## [SUPPLIED MATERIAL]
-- ===== src/Relay.antt =====
-- attestor/chainService/relay: screening, signing and delivering the packets of every chain.
pub mod Web
pub mod Digest
pub mod Screener
pub mod Signer
pub mod SignerService
pub mod Collector
pub mod Process
pub mod Feeder
pub mod Restart
pub mod Start
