-- ===== src/Relay/Web.antt =====
-- HTTP and URLs as the relay uses them: Go's `net/http` and `net/url`, and the services behind
-- them, are parameters.
use verulink.Base.{
  ℕ, Bool, List, Bytes, codes, Result, ok, err, Error, message, if◌then◌else◌, ◌==◌, Option,
}

pub record Request : Type 0 where
  pub method : Bytes
  pub url : Bytes
  pub body : Bytes

-- `body` is what `io.ReadAll` makes of the response's body.
pub record Response : Type 0 where
  pub status_code : ℕ
  pub body : Result Bytes

-- The values of a JSON object that the collector's request holds.
pub data Json : Type 0 where
  string : Bytes → Json
  number : ℕ → Json
  boolean : Bool → Json

pub record Web : Type 0 where
  -- `http.NewRequestWithContext` and then `client.Do`.
  pub send : Request → Result Response
  -- `String` of a `url.URL` of a scheme, a user and password, a host with its port, and a path.
  pub build_url : Bytes → Option (Bytes × Bytes) → Bytes → Bytes → Bytes
  pub parse_url : Bytes → Result Bytes
  pub join_path : Bytes → Bytes → Bytes
  -- `url.Values.Encode`, and a URL that has that query.
  pub encode_query : List (Bytes × Bytes) → Bytes
  pub with_query : Bytes → Bytes → Bytes
  pub marshal_object : List (Bytes × Json) → Result Bytes
  pub unmarshal_strings : Bytes → Result (List (Bytes × Bytes))

abbrev pub status_ok : ℕ
status_ok = 200

abbrev pub status_created : ℕ
status_created = 201

abbrev pub unexpected_status : Error
unexpected_status = message (codes "unexpected status code")

-- `if resp.StatusCode != expected { return error }`.
abbrev pub expect_status : ℕ → Response → Result Response
expect_status expected resp =
    if resp.status_code == expected then ok resp else err unexpected_status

## [YOUR GOAL]
Output the complete data exactly as written.

## [SOLUTION]
-- ===== src/Relay.antt =====
-- attestor/chainService/relay: screening, signing and delivering the packets of every chain.
pub mod Web
pub mod Digest
pub mod Screener
pub mod Signer
pub mod SignerService
pub mod Collector
pub mod Process
pub mod Feeder
pub mod Restart
pub mod Start
-- ===== src/Relay/Web.antt =====
-- HTTP and URLs as the relay uses them: Go's `net/http` and `net/url`, and the services behind
-- them, are parameters.
use verulink.Base.{
  ℕ, Bool, List, Bytes, codes, Result, ok, err, Error, message, if◌then◌else◌, ◌==◌, Option,
}

pub record Request : Type 0 where
  pub method : Bytes
  pub url : Bytes
  pub body : Bytes

-- `body` is what `io.ReadAll` makes of the response's body.
pub record Response : Type 0 where
  pub status_code : ℕ
  pub body : Result Bytes

-- The values of a JSON object that the collector's request holds.
pub data Json : Type 0 where
  string : Bytes → Json
  number : ℕ → Json
  boolean : Bool → Json

pub record Web : Type 0 where
  -- `http.NewRequestWithContext` and then `client.Do`.
  pub send : Request → Result Response
  -- `String` of a `url.URL` of a scheme, a user and password, a host with its port, and a path.
  pub build_url : Bytes → Option (Bytes × Bytes) → Bytes → Bytes → Bytes
  pub parse_url : Bytes → Result Bytes
  pub join_path : Bytes → Bytes → Bytes
  -- `url.Values.Encode`, and a URL that has that query.
  pub encode_query : List (Bytes × Bytes) → Bytes
  pub with_query : Bytes → Bytes → Bytes
  pub marshal_object : List (Bytes × Json) → Result Bytes
  pub unmarshal_strings : Bytes → Result (List (Bytes × Bytes))

abbrev pub status_ok : ℕ
status_ok = 200

abbrev pub status_created : ℕ
status_created = 201

abbrev pub unexpected_status : Error
unexpected_status = message (codes "unexpected status code")

-- `if resp.StatusCode != expected { return error }`.
abbrev pub expect_status : ℕ → Response → Result Response
expect_status expected resp =
    if resp.status_code == expected then ok resp else err unexpected_status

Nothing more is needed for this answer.